Protein synthesis signaling in skeletal muscle is refractory to whey protein ingestion during a severe energy deficit evoked by prolonged exercise and caloric restriction

International Journal of Obesity volume 43pages 872–882 (2019)Cite this article

Subjects

Abstract

Background

Exercise and protein ingestion preserve muscle mass during moderate energy deficits.

Objective

To determine the molecular mechanisms by which exercise and protein ingestion may spare muscle mass during severe energy deficit (5500 kcal/day).

Design

Fifteen overweight, but otherwise healthy men, underwent a pre-test (PRE), caloric restriction (3.2 kcals/kg body weight/day) + exercise (45 min one-arm cranking + 8 h walking) for 4 days (CRE), followed by a control diet (CD) for 3 days, with a caloric content similar to pre-intervention while exercise was reduced to less than 10,000 steps per day. During CRE, participants ingested either whey protein (PRO, n = 8) or sucrose (SU, n = 7) (0.8 g/kg body weight/day). Muscle biopsies were obtained from the trained and untrained deltoid, and vastus lateralis.

Results

Following CRE and CD, serum concentrations of leptin, insulin, and testosterone were reduced, whereas cortisol and the catabolic index (cortisol/total testosterone) increased.
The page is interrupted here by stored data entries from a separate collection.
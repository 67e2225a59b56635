-- ===== src/Config/Valid.antt =====
-- What the rest of the program may rely on in a configuration that `validate` accepts.
use asl3_api.Prelude.{
  ℕ, suc, ◌≤◌, ◌*◌, String, Bool, true, false, not, Option, none, some, List, [], ◌∷◌, ◌++◌, str_eq,
  eq_iff, if◌then◌else◌, All, ◌≡◌, refl, ap, ◌∙◌, arith, inl, inr, ◌⊎◌, Bool-cases,
}
use asl3_api.Errors.{ok, err, >>=-returned}
use asl3_api.Config.{ℤ, pos, negsuc, Value, null, bool, int, float, finite, str, seq, dict}
use asl3_api.Config
use asl3_api.Config.Credentials.{credential_errors}
use asl3_api.Config.Validate.{
  value_text, is_node_text, in_set, report, Check, check_node, check_host, check_newlines,
  is_seconds, check_seconds, check_policy, policy_checks, checks, all_errors, raise_errors,
  validate,
}
use asl3_api.Models.{Kind, link_node, unlink_node, unlink_all, announce, is_node}
use asl3_api.Policy.{PolicyState, on_active, on_unknown, setting}
use asl3_api.Http.Auth.{contains}

append_nil_inv : (xs ys : List String) → xs ++ ys ≡ [] → (xs ≡ []) × (ys ≡ [])
append_nil_inv [] ys e = (refl, e)
append_nil_inv (x ∷ xs) ys e = absurd (ground arith)

ok_inj : {a b : List String} → ok a ≡ ok b → a ≡ b
ok_inj {a} e = ap value e
  where
    value : Check → List String
    value (ok r) = r
    value (err x) = a

no_errors : (cs : List Check) → all_errors cs ≡ ok [] → All (λ (c : Check). c ≡ ok []) cs
unfolding all_errors
no_errors [] h = tt
no_errors (c ∷ cs) h =
    let (errors, found, rest) = >>=-returned c _ h in
    let (later, found_later, joined) = >>=-returned (all_errors cs) _ rest in
    let (first, others) = append_nil_inv errors later (ok_inj joined) in
    (found ∙ ap ok first, no_errors cs (found_later ∙ ap ok others))

raise_errors_nil : (es : List String) → raise_errors es ≡ ok tt → es ≡ []
raise_errors_nil [] h = refl
raise_errors_nil (e ∷ es) h = absurd (ground arith)

unreported : (failed : Bool) (text : String) → report failed text ≡ [] → failed ≡ false
unreported true text h = absurd (ground arith)
unreported false text h = refl

unreported_ok :
    (failed : Bool) (text : String)
    → ◌≡◌ {A = Check} (ok (report failed text)) (ok [])
    → failed ≡ false
unreported_ok failed text h = unreported failed text (ok_inj h)

abbrev pub IsSetting : Value → Type 0
IsSetting v = (v ≡ str "allow") ⊎ (v ≡ str "deny")

in_set-IsSetting : (v : Value) → in_set v ("allow" ∷ "deny" ∷ []) ≡ ok true → IsSetting v
unfolding in_set
in_set-IsSetting (str s) h = elim (Bool-cases (str_eq s "allow")) [
  | inl is_allowed ↦ inl (ap str ((eq_iff s "allow").0 is_allowed))
  | inr other ↦ elim (Bool-cases (str_eq s "deny")) [
    | inl is_denied ↦ inr (ap str ((eq_iff s "deny").0 is_denied))
    | inr neither ↦ absurd (ground (arith, h, other, neither))
  ]
]
in_set-IsSetting _ h = absurd (ground arith)

check_policy_ok :
    (config : Value) (kind : Kind) (state : PolicyState)
    → check_policy config kind state ≡ ok []
    → IsSetting (setting config kind state)
unfolding check_policy
check_policy_ok config kind state h =
    let (known, found, clean) =
      >>=-returned (in_set (setting config kind state) ("allow" ∷ "deny" ∷ [])) _ h in
    let known_true : known ≡ true = ground (arith, unreported_ok (not known) _ clean) in
    in_set-IsSetting (setting config kind state) (found ∙ ap ok known_true)

-- No carriage return and no line feed.
abbrev pub IsUnbroken : Value → Type 0
IsUnbroken v = (contains v "\r" ≡ ok false) × (contains v "\n" ≡ ok false)

check_newlines_ok : (v : Value) → check_newlines v ≡ ok [] → IsUnbroken v
unfolding check_newlines
check_newlines_ok v h =
    let (returns, found, rest) = >>=-returned (contains v "\r") _ h in
    let (feeds, found_feeds, clean) =
      >>=-returned (if returns then ok true else contains v "\n") _ rest in
    by_returns returns feeds found found_feeds (unreported_ok feeds _ clean)
  where
    by_returns :
        (r f : Bool)
        → contains v "\r" ≡ ok r
        → (if r then ok true else contains v "\n") ≡ ok f
        → f ≡ false
        → IsUnbroken v
    by_returns true f found_r found_f clean = absurd (ground (arith, found_f, clean))
    by_returns false f found_r found_f clean = (found_r, found_f ∙ ap ok clean)

-- A number of seconds above 0 and up to 120, whole or not, or true.
abbrev pub IsSeconds : Value → Type 0
IsSeconds v =
    ((n : ℕ) × (v ≡ int (pos n)) × (1 ≤ n) × (n ≤ 120))
    ⊎ (((n : ℕ) × (d : ℕ) × (v ≡ float (finite (pos n) d)) × (1 ≤ n) × (n ≤ 120 * suc d))
        ⊎ (v ≡ bool true))

is_seconds-IsSeconds : (v : Value) → is_seconds v ≡ true → IsSeconds v
is_seconds-IsSeconds (int (pos n)) h = inl (n, refl, ground arith, ground arith)
is_seconds-IsSeconds (float (finite (pos n) d)) h =
    inr (inl (n, d, refl, ground arith, ground arith))
is_seconds-IsSeconds (bool true) h = inr (inr refl)
is_seconds-IsSeconds _ h = absurd (ground arith)

check_seconds_ok :
    (config : Value) (name : String)
    → check_seconds config name ≡ ok []
    → IsSeconds (Config.get config name (int (pos 5)))
unfolding check_seconds
check_seconds_ok config name h =
    is_seconds-IsSeconds (Config.get config name (int (pos 5)))
      (ground (arith, unreported_ok (not (is_seconds (Config.get config name (int (pos 5))))) _ h))

check_node_ok :
    (config : Value)
    → check_node config ≡ ok []
    → (node : String) × (value_text (Config.get config "node.number" (str "")) ≡ some node)
      × (is_node node ≡ true)
unfolding check_node
check_node_ok config h =
    by_text (value_text (Config.get config "node.number" (str ""))) (unreported_ok _ _ h)
  where
    by_text :
        (o : Option String)
        → not (is_node_text o) ≡ false
        → (node : String) × (o ≡ some node) × (is_node node ≡ true)
    by_text none e = absurd (ground arith)
    by_text (some s) e = (s, refl, ground (arith, e))

check_host_ok :
    (config : Value)
    → check_host config ≡ ok []
    → in_set
        (Config.get config "ami.host" (str "127.0.0.1"))
        ("127.0.0.1" ∷ "::1" ∷ "localhost" ∷ [])
      ≡ ok true
unfolding check_host
check_host_ok config h =
    let (local, found, clean) =
      >>=-returned (in_set (Config.get config "ami.host" (str "127.0.0.1")) _) _ h in
    found ∙ ap ok (ground (arith, unreported_ok (not local) _ clean))

-- What a configuration that `validate` accepts has.
pub record IsValid (config : Value) : Type 0 where
  pub node :
      (node : String) × (value_text (Config.get config "node.number" (str "")) ≡ some node)
      × (is_node node ≡ true)
  pub local_host :
      in_set
        (Config.get config "ami.host" (str "127.0.0.1"))
        ("127.0.0.1" ∷ "::1" ∷ "localhost" ∷ [])
      ≡ ok true
  pub credentials : credential_errors config ≡ []
  pub username : IsUnbroken (Config.get config "ami.username" (str "asl3-api"))
  pub password : IsUnbroken (Config.get config "ami.password" (str ""))
  pub ami_seconds : IsSeconds (Config.get config "timeouts.ami_seconds" (int (pos 5)))
  pub observation_seconds :
      IsSeconds (Config.get config "timeouts.observation_seconds" (int (pos 5)))
  pub dispatch_timeout : IsSeconds (Config.get config "operations.dispatch_timeout" (int (pos 5)))
  pub effect_timeout : IsSeconds (Config.get config "operations.effect_timeout" (int (pos 5)))
  pub policy : (kind : Kind) (state : PolicyState) → IsSetting (setting config kind state)

-- A configuration that `validate` accepts has a valid node number, a local host, credentials without
-- an error, a user name and a password without a line break, four timeouts that are each a
-- number above 0 and up to 120, whole or not, or true, and for each kind and each state of the
-- traffic a policy that is "allow" or "deny".
pub validate-IsValid : (config : Value) → validate config ≡ ok tt → IsValid config
unfolding validate
validate-IsValid config h =
    let (errors, found, none_raised) = >>=-returned (all_errors (checks config)) _ h in
    let clean = no_errors (checks config) (found ∙ ap ok (raise_errors_nil errors none_raised)) in
    let last = clean.1.1.1.1.1.1.1.1.1.1.1.1 in
    record {
      node = check_node_ok config clean.0;
      local_host = check_host_ok config clean.1.0;
      credentials = ok_inj clean.1.1.1.1.1.0;
      username = check_newlines_ok _ clean.1.1.1.1.1.1.0;
      password = check_newlines_ok _ clean.1.1.1.1.1.1.1.0;
      ami_seconds = check_seconds_ok config "timeouts.ami_seconds" clean.1.1.1.1.1.1.1.1.0;
      observation_seconds =
          check_seconds_ok config "timeouts.observation_seconds" clean.1.1.1.1.1.1.1.1.1.0;
      dispatch_timeout =
          check_seconds_ok config "operations.dispatch_timeout" clean.1.1.1.1.1.1.1.1.1.1.0;
      effect_timeout =
          check_seconds_ok config "operations.effect_timeout" clean.1.1.1.1.1.1.1.1.1.1.1.0;
      policy = λ kind state. check_policy_ok config kind state (by_kind kind state last);
    }
  where
    by_kind :
        (kind : Kind) (state : PolicyState)
        → All
            (λ (c : Check). c ≡ ok [])
            (policy_checks config link_node
              ++ policy_checks config announce
              ++ policy_checks config unlink_node
              ++ policy_checks config unlink_all)
        → check_policy config kind state ≡ ok []
    by_kind link_node on_active l = l.0
    by_kind link_node on_unknown l = l.1.0
    by_kind announce on_active l = l.1.1.0
    by_kind announce on_unknown l = l.1.1.1.0
    by_kind unlink_node on_active l = l.1.1.1.1.0
    by_kind unlink_node on_unknown l = l.1.1.1.1.1.0
    by_kind unlink_all on_active l = l.1.1.1.1.1.1.0
    by_kind unlink_all on_unknown l = l.1.1.1.1.1.1.1.0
The Akt/mTor/p70S6K pathway and total eIF2α were unchanged, while total 4E-BP1 and Thr37/464E-BP1 were higher. After CRE, plasma BCAA and EAA were elevated, with a greater response in PRO group, and total GSK3β, pSer9GSK3β, pSer51eIF2α, and pSer51eIF2α/total eIF2α were reduced, with a greater response of pSer9GSK3β in the PRO group. The changes in signaling were associated with the changes in leptin, insulin, amino acids, cortisol, cortisol/total testosterone, and lean mass.

Conclusions

During severe energy deficit, pSer9GSK3β levels are reduced and human skeletal muscle becomes refractory to the anabolic effects of whey protein ingestion, regardless of contractile activity. These effects are associated with the changes in lean mass and serum insulin, testosterone, and cortisol concentrations.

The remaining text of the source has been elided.